Wesleyan University ends legacy admissions. How common is it?
Wesleyan University announced Wednesday that the institution will end legacy admissions — a decision that comes nearly three weeks after the Supreme Court ruled that race-conscious admissions were unconstitutional.
In a posted statement, University President Michael Roth said an applicant’s family connections have played a “negligible” role in admissions for years. Four percent of the 2,280 admitted students in the Class of 2027 “have a Wesleyan parent,” the school reported on its website.
The university has reported about 7% or 8% of first year students have been children of alumni over the previous five years.
“An applicant’s connection to a Wesleyan graduate indicates little about that applicant’s ability to succeed at the University, meaning that legacy status has played a negligible role in our admission process for many years,” Roth wrote on the university’s blog. “Nevertheless, in the wake of the recent Supreme Court decision regarding affirmative action, we believe it important to formally end admission preference for ‘legacy applicants.’ We still value the ongoing relationships that come from multi-generational Wesleyan attendance, but there will be no ‘bump’ in the selection process.”

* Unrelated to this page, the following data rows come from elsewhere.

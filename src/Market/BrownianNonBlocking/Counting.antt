-- ===== src/Market/BrownianNonBlocking/Counting.antt =====
-- What becomes of every tick of include/market/market_data_system_gbm_nonblocking.h, and what its
-- two counters count.
use fix_feed_simulator.Prelude.{
  ℕ, ◌+◌, ◌≤◌, ◌≡◌, refl, sym, ap, ◌∙◌, arith, [], ◌∷◌, ◌++◌, append_assoc, Bool, true, length,
  length-append,
}
use fix_feed_simulator.Market.Double.{Double}
use fix_feed_simulator.Market.Blocking.{Producer}
use fix_feed_simulator.Market.Blocking.Counting.{uncounted_push, unsettled, uncounted_send}
use fix_feed_simulator.Market.NonBlocking.Counting.{Same64}
use fix_feed_simulator.Market.BrownianNonBlocking.{
  capacity, System, Step, produce, produce_end, push_ok, push_refused, count_generated, consume,
  consume_end, pop_refused, pop_ok, check_stopped, check_running, send_test, send_stopped,
  send_throws, send_returns, count_sent, watch, watch_end, wait_over, wait_stopped, take_generated,
  take_sent, stop, start, Reach, here, later,
}

-- The tick in the producer's hands.
abbrev pub in_hand {ℓ} : {F : Type ℓ} → Producer F → ℕ
in_hand (Producer.pushing tick) = 1
in_hand Producer.looping = 0
in_hand Producer.counting = 0
in_hand Producer.finished = 0

pub record Inv {ℓ} {F : Type ℓ} (s : System F) : Type 0 where
  pub room : length s.queue ≤ capacity
  pub makes : s.made ≡ length s.pushed + s.dropped + in_hand s.producer
  pub pushes :
      Same64
        (s.reported_generated + s.ticks_generated + uncounted_push s.producer)
        (length s.pushed)
  pub pops :
      s.has_sender ≡ true
      → length s.popped ≡ length s.wire + s.given_up + s.unread + unsettled s.consumer
  pub sends :
      s.has_sender ≡ true
      → Same64
          (s.reported_sent + s.ticks_sent + uncounted_send s.consumer)
          (length s.wire + s.given_up)

module _ {ℓ} {F : Type ℓ} (d : Double F) (rand_max : ℕ) where
  Step-Inv : {s t : System F} → Step d rand_max s t → Inv s → Inv t
  Step-Inv {s} (produce z rand₁ rand₂ at go) inv = ground arith
  Step-Inv {s} (produce_end at go) inv = ground arith
  Step-Inv {s} (push_ok tick at room) inv =
      ground (arith, length-append s.queue (tick ∷ []), length-append s.pushed (tick ∷ []))
  Step-Inv {s} (push_refused tick at) inv = ground arith
  Step-Inv {s} (count_generated at) inv = ground arith
  Step-Inv {s} (consume at go) inv = ground arith
  Step-Inv {s} (consume_end at go) inv = ground arith
  Step-Inv {s} (pop_refused at) inv = ground arith
  Step-Inv {s} (pop_ok tick rest at e) inv =
      ground (arith, ap length e, length-append s.popped (tick ∷ []))
  Step-Inv {s} (check_stopped tick at off) inv = ground arith
  Step-Inv {s} (check_running tick at on) inv = ground arith
  Step-Inv {s} (send_test message at go) inv = ground arith
  Step-Inv {s} (send_stopped message at go) inv = ground arith
  Step-Inv {s} (send_throws message answer at e) inv = ground arith
  Step-Inv {s} (send_returns message answer outcome at e ne) inv =
      ground (arith, length-append s.wire (message ∷ []))
  Step-Inv {s} (count_sent at) inv = ground arith
  Step-Inv {s} (watch at go) inv = ground arith
  Step-Inv {s} (watch_end at go) inv = ground arith
  Step-Inv {s} (wait_over at go) inv = ground arith
  Step-Inv {s} (wait_stopped at go) inv = ground arith
  Step-Inv {s} (take_generated at) inv = ground arith
  Step-Inv {s} (take_sent at) inv = ground arith
  Step-Inv {s} (stop go) inv = ground arith

  Reach-Inv : {has_sender : Bool} {s : System F} → Reach d rand_max has_sender s → Inv s
  Reach-Inv here = unfold start in ground arith
  Reach-Inv (later r st) = Step-Inv st (Reach-Inv r)

  Step-sender : {s t : System F} → Step d rand_max s t → t.has_sender ≡ s.has_sender
  Step-sender (produce z rand₁ rand₂ at go) = refl
  Step-sender _ = refl

  Reach-sender :
      {has_sender : Bool} {s : System F} → Reach d rand_max has_sender s → s.has_sender ≡ has_sender
  Reach-sender here = unfold start in refl
  Reach-sender (later r st) = Step-sender st ∙ Reach-sender r

  Step-order :
      {s t : System F}
      → Step d rand_max s t
      → s.pushed ≡ s.popped ++ s.queue
      → t.pushed ≡ t.popped ++ t.queue
  Step-order {s} (push_ok tick at room) e =
      ap (λ l. l ++ tick ∷ []) e ∙ append_assoc s.popped s.queue (tick ∷ [])
  Step-order {s} (pop_ok tick rest at front) e =
      e ∙ ap (λ l. s.popped ++ l) front ∙ sym (append_assoc s.popped (tick ∷ []) rest)
  Step-order _ e = e

  Reach-order :
      {has_sender : Bool} {s : System F}
      → Reach d rand_max has_sender s
      → s.pushed ≡ s.popped ++ s.queue
  Reach-order here = unfold start in refl
  Reach-order (later r st) = Step-order st (Reach-order r)

  -- In every reachable state every tick that was made was pushed or dropped at a refusal, or is
  -- still in the producer's hands; those pushed are, in order, those popped and then those in the
  -- queue, which is within its capacity; and the generated count, with what the monitor has taken
  -- of it, is the number of those pushed, up to the one just pushed, as `uint64_t`.
  pub ticks_accounted :
      {has_sender : Bool} {s : System F}
      → Reach d rand_max has_sender s
      → (s.made ≡ length s.pushed + s.dropped + in_hand s.producer)
        × (s.pushed ≡ s.popped ++ s.queue)
        × (length s.queue ≤ capacity)
        × Same64
            (s.reported_generated + s.ticks_generated + uncounted_push s.producer)
            (length s.pushed)
  ticks_accounted r = let inv = Reach-Inv r in (inv.makes, Reach-order r, inv.room, inv.pushes)

  -- In every reachable state with a sender, every tick popped went on the wire whole, was given up,
  -- was left unread at the end, or is under way; and the sent count, with what the monitor has
  -- taken of it, counts those on the wire and those given up, up to the one not yet counted, as
  -- `uint64_t`.
  pub messages_accounted :
      {s : System F}
      → Reach d rand_max true s
      → (length s.popped ≡ length s.wire + s.given_up + s.unread + unsettled s.consumer)
        × Same64
            (s.reported_sent + s.ticks_sent + uncounted_send s.consumer)
            (length s.wire + s.given_up)
  messages_accounted r =
      let inv = Reach-Inv r in let on = Reach-sender r in (inv.pops on, inv.sends on)
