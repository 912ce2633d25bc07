-- ===== src/Market/BrownianNonBlocking/OverRing/Tests.antt =====
-- The Brownian system over the ring itself, with the concrete arithmetic: a tick is made, put into the
-- ring, taken from it and sent.
use fix_feed_simulator.Prelude.{
  ◌≡◌, ◌≢◌, refl, arith, List, [], ◌++◌, true, replicate, length-replicate,
}
use fix_feed_simulator.Prelude.Bytes.{ℤ, pos}
use fix_feed_simulator.Network.Sender.{sent, complete, throws}
use fix_feed_simulator.Network.Sender.Sending.{send_lem}
use fix_feed_simulator.Core.LockFree.Spsc as Spsc
use fix_feed_simulator.Market.Cents.{cents}
use fix_feed_simulator.Market.Tick.{MarketTick}
use fix_feed_simulator.Market.BrownianNonBlocking.{
  capacity, produce, count_generated, consume, check_running, send_test, send_returns, start,
  System,
}
use fix_feed_simulator.Core.LockFree.Spsc.Client.{
  Whole, away, push_begins, push_goes_on, push_publishes, pop_goes_on, pop_publishes, Joined, here,
  later,
}
use fix_feed_simulator.Market.BrownianNonBlocking.OverRing.{
  drops_when_full, OverQueue, brownian_ring_refines,
}

abbrev blank : MarketTick ℤ
blank = record { symbol = []; bid = pos 0; ask = pos 0; bid_size = 0; ask_size = 0 }

abbrev storage : List (MarketTick ℤ)
storage = replicate capacity blank

complete_ne_throws : complete ≢ throws
complete_ne_throws e = cc

record Run : Type 0 where
  last : Whole (MarketTick ℤ) (System ℤ)
  joined : Joined capacity (drops_when_full cents 32767) storage (start cents 32767 true) last

taken : Run
unfolding start
taken = record {
  last = _;
  joined =
      later
        (later
          (later
            (later
              (later
                (later
                  (later
                    (later
                      (later
                        (later
                          (later
                            (later
                              (later (later here (away (produce (pos 1) 0 27 refl refl, tt)))
                                (push_begins _ refl refl))
                              (push_goes_on _
                                (Spsc.push_load_other _ _ 0 refl (omega arith) (omega arith)) refl
                                tt))
                            (push_goes_on _ (Spsc.push_write _ _ _ refl refl) refl tt))
                          (push_publishes _ _ _ refl refl))
                        (away (consume refl refl, tt)))
                      (pop_goes_on (Spsc.pop_load_own refl) refl tt))
                    (pop_goes_on (Spsc.pop_load_other _ 1 refl (omega arith) (omega arith)) refl
                      tt))
                  (pop_goes_on (Spsc.pop_copy blank _ _ refl refl) refl tt))
                (pop_publishes _ _ refl refl))
              (away (check_running _ refl refl, tt)))
            (away (send_test _ refl refl, tt)))
          (away (
            send_returns _ (sent _) complete refl ((send_lem _ (sent _)).1.1 refl)
                complete_ne_throws,
            tt,
          )))
        (away (count_generated refl, tt));
}

brownian_ring_refines_example :
    let s = taken.last in
    (q : List (MarketTick ℤ)) × (s.ring.sent ≡ s.ring.received ++ q)
    × OverQueue cents 32767 true q s.system
brownian_ring_refines_example =
    brownian_ring_refines cents 32767 storage true (length-replicate capacity blank) taken.joined
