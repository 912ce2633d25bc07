-- ===== src/Market/BrownianNonBlocking/Tests.antt =====
-- A run of the system that drops ticks, with the concrete arithmetic: a tick is queued and taken, a
-- second one dropped, and `stop` comes before the first is looked at.
use fix_feed_simulator.Prelude.{◌+◌, ◌≤◌, ◌≡◌, ◌≢◌, refl, arith, [], ◌++◌, true, length, ◌⊎◌}
use fix_feed_simulator.Prelude.Bytes.{ℤ, pos}
use fix_feed_simulator.Core.Runs.{Run as StepRun, none_yet, and_then}
use fix_feed_simulator.Network.Sender.{sent, complete, throws}
use fix_feed_simulator.Network.Sender.Sending.{send_lem}
use fix_feed_simulator.Market.Cents.{cents, cents_clean}
use fix_feed_simulator.Market.Wire.{Tells}
use fix_feed_simulator.Market.BrownianNonBlocking.Wire.{told_brownian}
use fix_feed_simulator.Market.Blocking.{Producer, Consumer}
use fix_feed_simulator.Market.NonBlocking.{Monitor}
use fix_feed_simulator.Market.NonBlocking.Counting.{Same64}
use fix_feed_simulator.Market.BrownianNonBlocking.{
  capacity, System, Step, produce, produce_end, push_ok, push_refused, count_generated, consume,
  pop_ok, check_running, send_test, send_returns, stop, start, Reach, here, later,
}
use fix_feed_simulator.Market.Blocking.Counting.{uncounted_push}
use fix_feed_simulator.Market.BrownianNonBlocking.Counting.{in_hand, ticks_accounted}
use fix_feed_simulator.Market.BrownianNonBlocking.Shutdown.{brownian_shutdown}

record Run : Type 0 where
  last : System ℤ
  reach : Reach cents 32767 true last

stopping : Run
unfolding start
stopping = record {
  last = _;
  reach =
      later
        (later
          (later
            (later
              (later
                (later
                  (later (later here (produce (pos 1) 0 27 refl refl))
                    (push_ok _ refl (omega arith)))
                  (count_generated refl))
                (consume refl refl))
              (pop_ok _ [] refl refl))
            (produce (pos 1) 5 6 refl refl))
          (push_refused _ refl))
        (stop refl);
}

ticks_accounted_example :
    let s = stopping.last in
    (s.made ≡ length s.pushed + s.dropped + in_hand s.producer)
    × (s.pushed ≡ s.popped ++ s.queue)
    × (length s.queue ≤ capacity)
    × Same64
        (s.reported_generated + s.ticks_generated + uncounted_push s.producer)
        (length s.pushed)
ticks_accounted_example = ticks_accounted cents 32767 stopping.reach

-- The producer comes to its loop and leaves it.
record Ending : Type 0 where
  after : System ℤ
  run : StepRun (Step cents 32767) stopping.last 1 after

ending : Ending
unfolding stopping
ending = record { after = _; run = and_then none_yet (produce_end refl refl) }

brownian_shutdown_example :
    let t = ending.after in
    (1 ≤ 10)
    × ((t.producer ≡ Producer.finished)
          × (t.consumer ≡ Consumer.finished)
          × (t.monitor ≡ Monitor.finished)
        ⊎ ((u : System ℤ) × Step cents 32767 t u))
unfolding stopping
brownian_shutdown_example =
    brownian_shutdown cents 32767 stopping.last ending.after 1 refl ending.run

complete_ne_throws : complete ≢ throws
complete_ne_throws e = cc

-- A tick is popped and looked at while the flag is up, and its message is sent.
abbrev told_one : Run
unfolding start
told_one = record {
  last = _;
  reach =
      later
        (later
          (later
            (later
              (later
                (later (later here (produce (pos 1) 0 27 refl refl)) (push_ok _ refl (omega arith)))
                (consume refl refl))
              (pop_ok _ [] refl refl))
            (check_running _ refl refl))
          (send_test _ refl refl))
        (send_returns _ (sent _) complete refl ((send_lem _ (sent _)).1.1 refl) complete_ne_throws);
}

one_told : Tells cents told_one.last.popped told_one.last.wire
one_told = told_brownian cents cents_clean 32767 told_one.reach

Roth added that the university has “never fixated on a checked box indicating a student’s racial identification or family affiliations,” and that the higher education institution vows to continue to improve its diversity, improve its scholarship efforts to make the school more financially feasible and expand its community-based organizations.
“As a highly selective university, Wesleyan University seeks exceptional students from a wide range of backgrounds and circumstances who will thrive in and enrich the Wesleyan community,” Roth said.
Wesleyan enrolls about 3,000 full-time undergraduates, with 32% of its student body identifying as students of color. The university’s acceptance rate is around 19%.
Since the Supreme Court’s decision in late June, universities and colleges across Connecticut have vowed to protect diversity and opportunities for students of color.
At the time of the decision, Roth and Amin Abdul-Malik Gonzalez, vice president and dean of admission and financial aid, said they were “determined to create a diverse community, and our admission and financial aid teams have been preparing over the last several months to craft policies that will do that.”
At UConn, Vern Granger, director of undergraduate admissions, has said his department has considered race and ethnicity as one of many factors in their applications process, though he noted that “race is not the sole determinant.” He said UConn will adhere to the law, but added that he will keep holding conversations with students and others, as he has throughout the year, to help minimize any effects from the court’s decision.
The university does not have a legacy admissions process.
Yale University President Peter Salovey also said last month that he strongly disagreed with the court’s ruling but noted that Yale will comply with the law. Salovey said university leaders would review all of their admissions policies and that Yale Law School will hold a panel discussion among legal experts for students and staff in September to talk about the ramifications of the ruling.
University officials weren’t immediately available for comment Wednesday on the institution’s legacy admissions.
Yale has reported a 12% legacy affiliation for its Class of 2023 and a 14% legacy affiliation for the Class of 2025.